(Records to use Opens)
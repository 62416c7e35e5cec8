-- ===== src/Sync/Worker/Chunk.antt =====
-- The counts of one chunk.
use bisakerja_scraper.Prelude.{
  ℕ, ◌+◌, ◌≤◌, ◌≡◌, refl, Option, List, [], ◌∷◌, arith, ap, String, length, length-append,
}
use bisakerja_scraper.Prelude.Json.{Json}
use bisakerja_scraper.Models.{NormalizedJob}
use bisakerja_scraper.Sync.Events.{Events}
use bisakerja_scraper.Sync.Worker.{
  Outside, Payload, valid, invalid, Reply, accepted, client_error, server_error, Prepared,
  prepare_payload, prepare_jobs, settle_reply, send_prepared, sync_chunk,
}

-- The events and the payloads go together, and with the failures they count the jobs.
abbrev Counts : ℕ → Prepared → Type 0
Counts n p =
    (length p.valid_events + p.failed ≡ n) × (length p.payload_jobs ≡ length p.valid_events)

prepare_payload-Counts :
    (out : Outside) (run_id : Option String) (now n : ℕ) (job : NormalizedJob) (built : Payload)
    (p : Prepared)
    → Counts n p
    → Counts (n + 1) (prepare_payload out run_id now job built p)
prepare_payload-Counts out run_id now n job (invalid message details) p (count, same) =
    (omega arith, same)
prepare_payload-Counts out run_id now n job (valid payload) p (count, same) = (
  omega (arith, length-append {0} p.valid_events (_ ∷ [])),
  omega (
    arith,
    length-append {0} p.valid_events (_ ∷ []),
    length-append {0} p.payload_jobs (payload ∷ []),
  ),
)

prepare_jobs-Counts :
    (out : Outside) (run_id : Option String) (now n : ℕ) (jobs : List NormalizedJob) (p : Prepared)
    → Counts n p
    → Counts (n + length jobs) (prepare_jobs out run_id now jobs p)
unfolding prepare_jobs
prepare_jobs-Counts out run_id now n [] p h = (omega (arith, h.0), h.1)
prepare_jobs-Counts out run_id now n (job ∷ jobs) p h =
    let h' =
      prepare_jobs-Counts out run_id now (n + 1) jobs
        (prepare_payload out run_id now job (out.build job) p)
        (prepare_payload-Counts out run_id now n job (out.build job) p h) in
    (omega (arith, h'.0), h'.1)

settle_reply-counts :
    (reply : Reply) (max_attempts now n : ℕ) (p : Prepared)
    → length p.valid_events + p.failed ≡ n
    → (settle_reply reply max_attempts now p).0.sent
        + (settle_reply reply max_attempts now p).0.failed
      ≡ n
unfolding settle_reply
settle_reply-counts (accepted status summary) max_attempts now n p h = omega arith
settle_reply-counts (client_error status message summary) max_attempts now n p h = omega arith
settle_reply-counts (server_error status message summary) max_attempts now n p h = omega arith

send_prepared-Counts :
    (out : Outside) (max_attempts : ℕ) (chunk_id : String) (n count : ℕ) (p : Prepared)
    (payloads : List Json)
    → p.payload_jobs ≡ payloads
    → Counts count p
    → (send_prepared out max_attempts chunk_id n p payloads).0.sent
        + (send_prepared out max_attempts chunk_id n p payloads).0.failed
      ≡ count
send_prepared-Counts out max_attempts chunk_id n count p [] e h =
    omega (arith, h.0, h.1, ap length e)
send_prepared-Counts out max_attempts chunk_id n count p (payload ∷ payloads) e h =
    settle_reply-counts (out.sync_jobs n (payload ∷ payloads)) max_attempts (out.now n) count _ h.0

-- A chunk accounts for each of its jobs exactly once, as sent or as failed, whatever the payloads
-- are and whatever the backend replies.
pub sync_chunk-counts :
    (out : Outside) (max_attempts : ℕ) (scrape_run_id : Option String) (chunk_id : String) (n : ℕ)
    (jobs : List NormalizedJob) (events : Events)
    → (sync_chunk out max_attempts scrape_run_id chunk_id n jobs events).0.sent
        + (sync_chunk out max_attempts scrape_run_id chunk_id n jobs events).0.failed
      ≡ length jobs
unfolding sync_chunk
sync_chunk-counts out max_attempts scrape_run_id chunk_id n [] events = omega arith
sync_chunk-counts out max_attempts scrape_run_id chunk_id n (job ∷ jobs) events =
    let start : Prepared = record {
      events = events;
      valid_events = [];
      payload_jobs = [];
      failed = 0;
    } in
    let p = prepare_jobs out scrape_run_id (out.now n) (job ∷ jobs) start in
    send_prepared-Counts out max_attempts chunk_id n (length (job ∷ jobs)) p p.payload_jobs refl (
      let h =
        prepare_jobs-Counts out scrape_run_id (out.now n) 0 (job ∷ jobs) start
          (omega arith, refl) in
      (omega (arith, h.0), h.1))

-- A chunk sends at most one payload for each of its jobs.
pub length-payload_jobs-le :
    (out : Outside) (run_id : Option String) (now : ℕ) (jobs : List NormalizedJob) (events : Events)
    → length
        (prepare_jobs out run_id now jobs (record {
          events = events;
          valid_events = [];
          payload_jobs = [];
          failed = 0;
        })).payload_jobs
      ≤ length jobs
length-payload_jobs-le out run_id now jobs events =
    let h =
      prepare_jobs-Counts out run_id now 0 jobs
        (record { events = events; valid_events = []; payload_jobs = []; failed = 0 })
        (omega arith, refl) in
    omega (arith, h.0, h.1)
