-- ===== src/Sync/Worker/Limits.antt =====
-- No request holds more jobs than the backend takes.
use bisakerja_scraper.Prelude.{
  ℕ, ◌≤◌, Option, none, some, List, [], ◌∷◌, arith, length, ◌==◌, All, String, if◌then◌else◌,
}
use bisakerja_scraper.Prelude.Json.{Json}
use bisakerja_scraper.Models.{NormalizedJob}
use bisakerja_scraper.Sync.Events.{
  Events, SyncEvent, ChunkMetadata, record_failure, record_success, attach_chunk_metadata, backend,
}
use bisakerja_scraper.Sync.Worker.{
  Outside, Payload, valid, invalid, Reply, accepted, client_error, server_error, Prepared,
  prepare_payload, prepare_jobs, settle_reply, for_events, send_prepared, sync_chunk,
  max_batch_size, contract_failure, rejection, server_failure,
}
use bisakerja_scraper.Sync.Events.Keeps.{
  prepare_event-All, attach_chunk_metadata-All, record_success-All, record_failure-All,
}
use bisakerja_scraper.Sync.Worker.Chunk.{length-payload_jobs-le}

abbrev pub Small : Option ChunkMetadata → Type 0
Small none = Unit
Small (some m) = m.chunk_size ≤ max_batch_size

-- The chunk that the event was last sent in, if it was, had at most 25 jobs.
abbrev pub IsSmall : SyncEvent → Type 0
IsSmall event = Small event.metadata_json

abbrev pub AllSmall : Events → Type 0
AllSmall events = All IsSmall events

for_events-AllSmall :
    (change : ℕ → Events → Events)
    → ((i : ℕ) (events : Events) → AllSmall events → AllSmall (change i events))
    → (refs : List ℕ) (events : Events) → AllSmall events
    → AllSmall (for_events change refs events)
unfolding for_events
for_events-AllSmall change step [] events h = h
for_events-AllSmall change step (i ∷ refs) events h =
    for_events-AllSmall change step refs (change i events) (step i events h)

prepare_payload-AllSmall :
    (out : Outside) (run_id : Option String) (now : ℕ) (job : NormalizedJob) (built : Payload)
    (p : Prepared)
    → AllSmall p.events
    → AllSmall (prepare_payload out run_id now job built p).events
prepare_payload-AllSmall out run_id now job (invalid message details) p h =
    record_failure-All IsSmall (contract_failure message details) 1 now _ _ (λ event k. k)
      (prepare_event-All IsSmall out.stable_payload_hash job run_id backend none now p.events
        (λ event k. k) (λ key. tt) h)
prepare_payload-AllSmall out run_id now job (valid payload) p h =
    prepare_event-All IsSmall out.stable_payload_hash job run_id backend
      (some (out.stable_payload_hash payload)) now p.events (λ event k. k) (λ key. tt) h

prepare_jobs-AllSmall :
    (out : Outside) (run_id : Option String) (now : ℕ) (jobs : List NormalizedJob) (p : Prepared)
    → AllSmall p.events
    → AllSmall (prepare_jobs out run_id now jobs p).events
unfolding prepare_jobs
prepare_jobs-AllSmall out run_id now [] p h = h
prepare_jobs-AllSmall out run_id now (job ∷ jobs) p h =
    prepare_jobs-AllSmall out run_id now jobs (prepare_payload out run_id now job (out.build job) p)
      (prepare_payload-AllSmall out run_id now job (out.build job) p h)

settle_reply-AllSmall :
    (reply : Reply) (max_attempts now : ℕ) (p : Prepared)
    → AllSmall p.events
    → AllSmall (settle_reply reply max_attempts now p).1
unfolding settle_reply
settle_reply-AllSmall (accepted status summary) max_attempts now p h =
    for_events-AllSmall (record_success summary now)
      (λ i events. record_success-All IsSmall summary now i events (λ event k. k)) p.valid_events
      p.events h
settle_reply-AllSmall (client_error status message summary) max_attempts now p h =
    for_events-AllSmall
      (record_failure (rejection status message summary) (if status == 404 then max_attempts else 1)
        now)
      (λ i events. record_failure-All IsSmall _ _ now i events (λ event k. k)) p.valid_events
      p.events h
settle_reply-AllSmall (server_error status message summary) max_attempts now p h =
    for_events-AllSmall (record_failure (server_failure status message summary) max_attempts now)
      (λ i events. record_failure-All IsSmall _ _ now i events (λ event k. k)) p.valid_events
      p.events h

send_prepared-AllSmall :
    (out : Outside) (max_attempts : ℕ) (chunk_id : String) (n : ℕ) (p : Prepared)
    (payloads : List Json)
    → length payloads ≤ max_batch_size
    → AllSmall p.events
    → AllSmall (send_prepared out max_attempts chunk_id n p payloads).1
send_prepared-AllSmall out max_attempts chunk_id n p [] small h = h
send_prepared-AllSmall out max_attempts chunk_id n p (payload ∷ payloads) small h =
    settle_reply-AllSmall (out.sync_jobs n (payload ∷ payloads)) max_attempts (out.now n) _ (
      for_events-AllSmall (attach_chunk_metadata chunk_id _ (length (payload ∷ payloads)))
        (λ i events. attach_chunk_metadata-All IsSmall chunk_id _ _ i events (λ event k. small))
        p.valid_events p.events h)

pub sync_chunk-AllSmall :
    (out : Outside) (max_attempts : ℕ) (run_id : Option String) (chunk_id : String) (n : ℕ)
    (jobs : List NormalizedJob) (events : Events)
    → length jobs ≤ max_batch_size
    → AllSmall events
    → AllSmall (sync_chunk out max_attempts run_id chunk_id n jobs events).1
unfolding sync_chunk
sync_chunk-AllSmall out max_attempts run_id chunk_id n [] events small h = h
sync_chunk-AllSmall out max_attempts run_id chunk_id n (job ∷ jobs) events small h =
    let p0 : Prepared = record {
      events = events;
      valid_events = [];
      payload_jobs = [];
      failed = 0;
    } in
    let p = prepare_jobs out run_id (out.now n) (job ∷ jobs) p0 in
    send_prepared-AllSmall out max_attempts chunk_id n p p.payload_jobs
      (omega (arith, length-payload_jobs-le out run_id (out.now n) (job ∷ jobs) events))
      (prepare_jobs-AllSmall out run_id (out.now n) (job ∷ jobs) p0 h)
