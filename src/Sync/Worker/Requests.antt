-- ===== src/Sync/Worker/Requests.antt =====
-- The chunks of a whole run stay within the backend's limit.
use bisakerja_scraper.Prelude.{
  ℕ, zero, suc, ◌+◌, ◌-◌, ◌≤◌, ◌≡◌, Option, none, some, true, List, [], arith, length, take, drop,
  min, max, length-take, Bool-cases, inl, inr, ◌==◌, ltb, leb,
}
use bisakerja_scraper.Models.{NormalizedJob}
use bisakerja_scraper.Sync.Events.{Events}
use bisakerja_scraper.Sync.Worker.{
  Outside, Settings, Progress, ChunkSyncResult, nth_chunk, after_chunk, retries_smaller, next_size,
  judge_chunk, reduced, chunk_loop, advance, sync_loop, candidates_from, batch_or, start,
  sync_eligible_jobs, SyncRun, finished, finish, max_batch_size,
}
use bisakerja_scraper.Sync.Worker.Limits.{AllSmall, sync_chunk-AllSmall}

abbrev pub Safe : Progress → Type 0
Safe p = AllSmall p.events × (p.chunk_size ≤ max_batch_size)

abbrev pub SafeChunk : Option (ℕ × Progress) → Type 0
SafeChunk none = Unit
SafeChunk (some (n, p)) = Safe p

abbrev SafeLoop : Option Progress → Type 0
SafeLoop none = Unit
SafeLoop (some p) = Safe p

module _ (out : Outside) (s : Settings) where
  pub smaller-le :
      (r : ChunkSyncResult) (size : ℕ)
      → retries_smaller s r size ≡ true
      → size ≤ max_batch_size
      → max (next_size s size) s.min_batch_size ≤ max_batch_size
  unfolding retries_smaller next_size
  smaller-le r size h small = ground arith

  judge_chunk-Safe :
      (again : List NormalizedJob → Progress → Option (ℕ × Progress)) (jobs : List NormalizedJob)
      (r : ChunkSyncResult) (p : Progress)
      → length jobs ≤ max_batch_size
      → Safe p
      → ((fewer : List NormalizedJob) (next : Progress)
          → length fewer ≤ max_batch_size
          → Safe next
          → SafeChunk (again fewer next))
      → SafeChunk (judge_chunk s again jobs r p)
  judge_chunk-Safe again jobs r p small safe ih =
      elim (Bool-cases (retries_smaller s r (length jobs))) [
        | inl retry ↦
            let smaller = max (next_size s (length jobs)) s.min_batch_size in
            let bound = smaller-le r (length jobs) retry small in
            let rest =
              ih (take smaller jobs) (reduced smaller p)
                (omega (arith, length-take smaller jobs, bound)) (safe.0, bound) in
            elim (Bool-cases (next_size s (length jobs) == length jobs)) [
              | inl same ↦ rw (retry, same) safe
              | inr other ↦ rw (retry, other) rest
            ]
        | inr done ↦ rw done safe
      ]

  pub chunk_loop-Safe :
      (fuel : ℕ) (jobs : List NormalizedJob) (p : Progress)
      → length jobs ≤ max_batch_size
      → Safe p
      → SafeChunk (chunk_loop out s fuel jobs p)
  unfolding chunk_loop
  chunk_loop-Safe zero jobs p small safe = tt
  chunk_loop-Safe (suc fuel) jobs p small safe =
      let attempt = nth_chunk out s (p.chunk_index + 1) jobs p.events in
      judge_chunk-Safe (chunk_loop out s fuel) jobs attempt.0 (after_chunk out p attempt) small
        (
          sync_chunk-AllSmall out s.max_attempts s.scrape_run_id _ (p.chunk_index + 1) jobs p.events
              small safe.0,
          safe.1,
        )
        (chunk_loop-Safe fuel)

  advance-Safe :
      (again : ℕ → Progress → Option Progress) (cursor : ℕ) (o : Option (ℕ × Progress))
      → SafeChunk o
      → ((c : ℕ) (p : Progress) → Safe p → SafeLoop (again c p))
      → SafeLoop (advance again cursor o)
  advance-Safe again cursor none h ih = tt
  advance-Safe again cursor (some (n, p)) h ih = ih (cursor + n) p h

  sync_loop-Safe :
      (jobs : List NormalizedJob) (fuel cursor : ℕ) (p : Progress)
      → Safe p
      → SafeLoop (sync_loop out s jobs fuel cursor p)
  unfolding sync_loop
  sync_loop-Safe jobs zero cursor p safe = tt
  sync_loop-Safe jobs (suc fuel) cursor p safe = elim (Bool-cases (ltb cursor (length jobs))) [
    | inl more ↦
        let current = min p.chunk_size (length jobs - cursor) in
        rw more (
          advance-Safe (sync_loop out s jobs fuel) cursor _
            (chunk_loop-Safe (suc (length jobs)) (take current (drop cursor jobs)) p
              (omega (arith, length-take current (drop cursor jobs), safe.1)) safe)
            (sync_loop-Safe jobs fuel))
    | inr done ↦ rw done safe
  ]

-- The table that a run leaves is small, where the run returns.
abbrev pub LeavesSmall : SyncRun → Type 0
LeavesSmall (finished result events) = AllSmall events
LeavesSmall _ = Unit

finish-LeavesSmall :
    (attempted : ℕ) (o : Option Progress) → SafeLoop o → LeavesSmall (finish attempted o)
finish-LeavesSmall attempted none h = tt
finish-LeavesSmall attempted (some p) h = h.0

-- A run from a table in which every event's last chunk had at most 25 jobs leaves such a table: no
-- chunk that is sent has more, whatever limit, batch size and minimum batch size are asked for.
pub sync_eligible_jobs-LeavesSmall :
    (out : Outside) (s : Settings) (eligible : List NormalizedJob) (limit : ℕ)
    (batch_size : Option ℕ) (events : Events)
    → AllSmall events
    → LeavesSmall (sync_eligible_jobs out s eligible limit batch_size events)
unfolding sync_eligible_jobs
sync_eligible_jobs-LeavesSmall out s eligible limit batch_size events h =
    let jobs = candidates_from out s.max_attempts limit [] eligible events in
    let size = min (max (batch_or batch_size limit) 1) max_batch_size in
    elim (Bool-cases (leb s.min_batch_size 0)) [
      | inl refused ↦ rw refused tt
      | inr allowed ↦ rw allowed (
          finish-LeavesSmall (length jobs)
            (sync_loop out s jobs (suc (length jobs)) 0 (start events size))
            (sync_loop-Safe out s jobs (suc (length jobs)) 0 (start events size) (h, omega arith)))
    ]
(Records to use Closes)
▸ **Exercise brief**:
Pull every line holding "failed" out of the records.

▸ **Your response**:
    (length p.valid_events + p.failed ≡ n) × (length p.payload_jobs ≡ length p.valid_events)
    → length p.valid_events + p.failed ≡ n
        + (settle_reply reply max_attempts now p).0.failed
        + (send_prepared out max_attempts chunk_id n p payloads).0.failed
-- A chunk accounts for each of its jobs exactly once, as sent or as failed, whatever the payloads
        + (sync_chunk out max_attempts scrape_run_id chunk_id n jobs events).0.failed
      failed = 0;
          failed = 0;
        (record { events = events; valid_events = []; payload_jobs = []; failed = 0 })
      failed = 0;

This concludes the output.